Nature writ large is filled with examples of transformative chemical reactions that take place in the solid state—minerals found deep underground or on the surface of the earth that undergo chemical reactions over time when they are subjected to the right mix of environmental conditions.
The same cannot always be said for synthetic chemistry at the industrial scale. Factories that make pharmaceutical drugs and ore processing plants where precious metals are extracted from mined minerals tend to rely not on solids but solution chemistry—mixing salts or rocks with large volumes of often highly corrosive or toxic liquids to achieve chemical reactions and extract useful products. Those solvents, besides being expensive, often corrosive, and sometimes toxic to the environment, may be dangerously volatile—even explosive.

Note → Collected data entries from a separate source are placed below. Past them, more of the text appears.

-- ===== src/PolicyEnforcer.antt =====
-- src/policy_enforcer.cpp and include/wirelab/policy_enforcer.hpp: decisions become leased faults on
-- ports. A method takes the topology controller that it changes, and returns it.
pub mod Invariant
pub mod Enforcing
pub mod Releasing
use packet_switch.Prelude.{
  ◌≡◌, List, [], Bool, ℕ, Option, some, is_some, true, value_or, if◌then◌else◌, ◌∷◌, ◌==◌, false,
  leb, ◌&&◌, unexpected, map, ◌/◌, ok, ◌*◌, ◌%◌, ◌^◌, none,
}
use packet_switch.FaultEngine.{FaultConfiguration, no_fault}
use packet_switch.Prelude.Int.{ℤ, pos, ltzb, ◌+ℤ◌}
use packet_switch.Prelude.Texts.{Text, text_lt, text_discrete}
use packet_switch.TopologyController.{
  TopologyController, port_id_at, set_port_fault, port_fault, clear_port_fault,
}
use packet_switch.PolicyEngine.{PolicyAction, PolicyDecision}
use packet_switch.Prelude.Sorting.{sort}
use packet_switch.Prelude.Maps.{find, assign, erase}
use packet_switch.Anomaly.{AnomalyType}

pub data EnforcementKind : Type 0 where
  nothing rate_limit blackhole isolate : EnforcementKind

pub data EnforcementOutcome : Type 0 where
  applied extended released skipped unknown_port rejected : EnforcementOutcome

pub record EnforcementAction : Type 0 where
  pub port_id : Text
  pub rule_name : Text
  pub anomaly_type : AnomalyType
  pub action : PolicyAction
  pub kind : EnforcementKind
  pub outcome : EnforcementOutcome
  pub rate_limit_bits_per_second : ℕ
  pub observed_packets : ℕ
  pub threshold : ℕ
  pub expires_at : ℤ

pub record PolicyEnforcerConfig : Type 0 where
  pub rate_limit_lease : ℤ
  pub drop_lease : ℤ
  pub quarantine_lease : ℤ
  pub assumed_frame_bytes : ℕ

pub record Lease : Type 0 where
  pub action : EnforcementAction
  pub restore : FaultConfiguration
  pub had_restore : Bool

pub record PolicyEnforcer : Type 0 where
  pub config : PolicyEnforcerConfig
  pub leases : List (Text × Lease)

abbrev pub kind_for : PolicyAction → EnforcementKind
kind_for PolicyAction.drop = blackhole
kind_for PolicyAction.quarantine = isolate
kind_for PolicyAction.rate_limit = rate_limit
kind_for PolicyAction.allow = nothing
kind_for PolicyAction.mirror = nothing
kind_for PolicyAction.alert_only = nothing

abbrev pub severity : EnforcementKind → ℕ
severity nothing = 0
severity rate_limit = 1
severity blackhole = 2
severity isolate = 3

abbrev pub overlay : FaultConfiguration → EnforcementKind → ℕ → FaultConfiguration
overlay base rate_limit bits = record base { bandwidth_bits_per_second = bits }
overlay base blackhole bits = record base { blackhole = true }
overlay base isolate bits = record base { isolated = true }
overlay base nothing bits = base

unfoldable pub rate_limit_bits : PolicyEnforcerConfig → PolicyDecision → ℕ
rate_limit_bits config decision =
    let mean =
      if decision.anomaly.observed_packets == 0
      then config.assumed_frame_bytes
      else decision.anomaly.observed_bytes / decision.anomaly.observed_packets in
    let frame_bytes = if mean == 0 then config.assumed_frame_bytes else mean in
    if decision.rate_limit_packets_per_second == 0
    then 0
    else decision.rate_limit_packets_per_second * frame_bytes * 8 % 2 ^ 64

abbrev pub lease_for : PolicyEnforcerConfig → EnforcementKind → ℤ
lease_for config rate_limit = config.rate_limit_lease
lease_for config blackhole = config.drop_lease
lease_for config isolate = config.quarantine_lease
lease_for config nothing = pos 0

abbrev pub is_rate_limit : EnforcementKind → Bool
is_rate_limit rate_limit = true
is_rate_limit _ = false

abbrev pub is_nothing : EnforcementKind → Bool
is_nothing nothing = true
is_nothing _ = false

-- What a method that enforces leaves behind.
pub record Enforced : Type 0 where
  pub enforcer : PolicyEnforcer
  pub controller : TopologyController
  pub action : EnforcementAction

-- A new lease remembers the fault that the port had; a live one goes on remembering its own.
unfoldable pub base_lease : Option Lease → TopologyController → Text → EnforcementAction → Lease
base_lease existing c port result = elim existing [
  | some lease ↦ lease
  | none ↦ record {
    action = result;
    restore = value_or (port_fault c port) no_fault;
    had_restore = is_some (port_fault c port);
  }
]

-- A weaker action never downgrades a live lease.
abbrev pub supersedes : Option Lease → EnforcementKind → Bool
supersedes none kind = true
supersedes (some lease) kind = leb (severity lease.action.kind) (severity kind)

abbrev pub effective_kind : Option Lease → EnforcementKind → EnforcementKind
effective_kind none kind = kind
effective_kind (some lease) kind = if supersedes (some lease) kind then kind else lease.action.kind

abbrev pub leased_bits : Option Lease → ℕ
leased_bits none = 0
leased_bits (some lease) = lease.action.rate_limit_bits_per_second

unfoldable pub effective_bits : Option Lease → EnforcementKind → ℕ → ℕ
effective_bits existing kind bits =
    if supersedes existing kind && is_rate_limit kind then bits else leased_bits existing

abbrev pub expiry : Option Lease → ℤ → ℤ
expiry none time = time
expiry (some lease) time =
    if ltzb time lease.action.expires_at then lease.action.expires_at else time

abbrev pub outcome_of : Option Lease → EnforcementOutcome
outcome_of none = applied
outcome_of (some _) = extended

-- The lease that the end of the loop's body stores.
abbrev pub new_lease : PolicyEnforcer → TopologyController → ℤ → Text → EnforcementAction → Lease
new_lease e c now port result =
    let existing = find text_discrete port e.leases in
    let kind = effective_kind existing result.kind in
    let base = base_lease existing c port result in
    record base {
      action = record result {
        kind = kind;
        rate_limit_bits_per_second =
            effective_bits existing result.kind result.rate_limit_bits_per_second;
        expires_at = expiry existing (now +ℤ lease_for e.config kind);
        outcome = outcome_of existing;
      };
    }

-- The configuration that the lease puts on the port.
abbrev pub enforced_fault : Lease → FaultConfiguration
enforced_fault lease =
    overlay lease.restore lease.action.kind lease.action.rate_limit_bits_per_second

-- The body of the loop of `apply` from the search for a lease on.
unfoldable pub enforce :
    PolicyEnforcer → TopologyController → ℤ → Text → EnforcementAction → Enforced
enforce e c now port result =
    let lease = new_lease e c now port result in
    let set = set_port_fault c port (enforced_fault lease) in
    elim set.1 [
      | unexpected _ ↦ record {
        enforcer = e;
        controller = set.0;
        action = record result { outcome = rejected };
      }
      | ok _ ↦ record {
        enforcer = record e { leases = assign text_discrete port lease e.leases };
        controller = set.0;
        action = lease.action;
      }
    ]

-- The fields of a result that do not depend on what is done.
abbrev pub describe : PolicyDecision → Option Text → EnforcementAction
describe decision port = record {
  port_id = value_or port [];
  rule_name = decision.rule_name;
  anomaly_type = decision.anomaly.type;
  action = decision.action;
  kind = kind_for decision.action;
  outcome = skipped;
  rate_limit_bits_per_second = 0;
  observed_packets = decision.anomaly.observed_packets;
  threshold = decision.anomaly.threshold;
  expires_at = pos 0;
}

-- The body of the loop of `apply`.
unfoldable pub apply_one : PolicyEnforcer → TopologyController → ℤ → PolicyDecision → Enforced
apply_one e c now decision =
    let found = port_id_at c decision.anomaly.ingress_port in
    let result = describe decision found in
    let bits = if is_rate_limit result.kind then rate_limit_bits e.config decision else 0 in
    let rated = record result { rate_limit_bits_per_second = bits } in
    if is_nothing result.kind
    then record { enforcer = e; controller = c; action = record result { outcome = skipped } }
    else elim found [
      | none ↦ record {
        enforcer = e;
        controller = c;
        action = record result { outcome = unknown_port };
      }
      | some port ↦
          if is_rate_limit result.kind && bits == 0
          then record { enforcer = e; controller = c; action = record rated { outcome = rejected } }
          else enforce e c now port rated
    ]

unfoldable pub apply :
    PolicyEnforcer
    → TopologyController
    → ℤ
    → List PolicyDecision
    → PolicyEnforcer × TopologyController × List EnforcementAction
apply e c now [] = (e, c, [])
apply e c now (decision ∷ decisions) =
    let out = apply_one e c now decision in
    let rest = apply out.enforcer out.controller now decisions in
    (rest.0, rest.1, out.action ∷ rest.2)

unfoldable pub restore_port : Lease → TopologyController → TopologyController
restore_port lease c =
    if lease.had_restore
    then (set_port_fault c lease.action.port_id lease.restore).0
    else (clear_port_fault c lease.action.port_id).0

-- The loop of `release_expired`: the leases that stay, the controller, and those released.
unfoldable pub expire_leases :
    ℤ
    → List (Text × Lease)
    → TopologyController
    → List (Text × Lease) × TopologyController × List EnforcementAction
expire_leases now [] c = ([], c, [])
expire_leases now ((port, lease) ∷ leases) c = elim (ltzb now lease.action.expires_at) [
  | true ↦ let rest = expire_leases now leases c in ((port, lease) ∷ rest.0, rest.1, rest.2)
  | false ↦
      let rest = expire_leases now leases (restore_port lease c) in
      (rest.0, rest.1, record lease.action { outcome = released } ∷ rest.2)
]

abbrev pub port_less : EnforcementAction → EnforcementAction → Bool
port_less left right = text_lt left.port_id right.port_id

unfoldable pub release_expired :
    PolicyEnforcer
    → TopologyController
    → ℤ
    → PolicyEnforcer × TopologyController × List EnforcementAction
release_expired e c now =
    let out = expire_leases now e.leases c in
    (record e { leases = out.0 }, out.1, sort port_less out.2)

unfoldable pub release :
    PolicyEnforcer → Text → TopologyController → PolicyEnforcer × TopologyController × Bool
release e port c = elim (find text_discrete port e.leases) [
  | none ↦ (e, c, false)
  | some lease ↦
      (record e { leases = erase text_discrete port e.leases }, restore_port lease c, true)
]

abbrev pub port_rule_less : EnforcementAction → EnforcementAction → Bool
port_rule_less left right =
    if text_lt left.port_id right.port_id
    then true
    else if text_lt right.port_id left.port_id
    then false
    else text_lt left.rule_name right.rule_name

unfoldable pub active : PolicyEnforcer → List EnforcementAction
active e = sort port_rule_less (map (λ (entry : Text × Lease). entry.1.action) e.leases)

unfoldable pub is_enforced : PolicyEnforcer → Text → Bool
is_enforced e port = is_some (find text_discrete port e.leases)

unfoldable pub forget : PolicyEnforcer → PolicyEnforcer
forget e = record e { leases = [] }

Now a team of researchers led by Tomislav Friščić, a professor at McGill University, is developing new approaches to chemical synthesis and mineral processing based on solid-state chemistry—and inspired by examples from nature.
At the 23rd Congress and General Assembly of the International Union of Crystallography, held August 5-12, 2014 in Montreal, Friščić will describe some of his unconventional approaches and how they promise better, safer and far less expensive methods for extracting metals from mineral ores as well as for the scalable synthesis of pharmaceutical drugs.
"You can use solid-state chemistry to make these materials much easier and cheaper, without the use of aggressive solvents or high temperatures," Friščić said.
Some of his favorite laboratory techniques include pounding materials with steel balls and leaving reactants to sit for days in swampy air. "We are trying to mimic what nature does," he said.
Accelerated Aging—A Lesson from Seagulls
Minerals are generally more or less inert materials—think of a handful of stones—and a whole industry exists for extracting useful ores from minerals taken from mines. But ore extraction usually relies on methods that involve mixing the minerals with massive amounts of volatile solvents at high temperatures.
One of the processes Friščić and his colleagues are seeking to mimic is the accelerated aging of minerals, a methodology inspired by weathering processes which occurs naturally in many places on Earth where the right conditions exist, such as in rocky coastal areas.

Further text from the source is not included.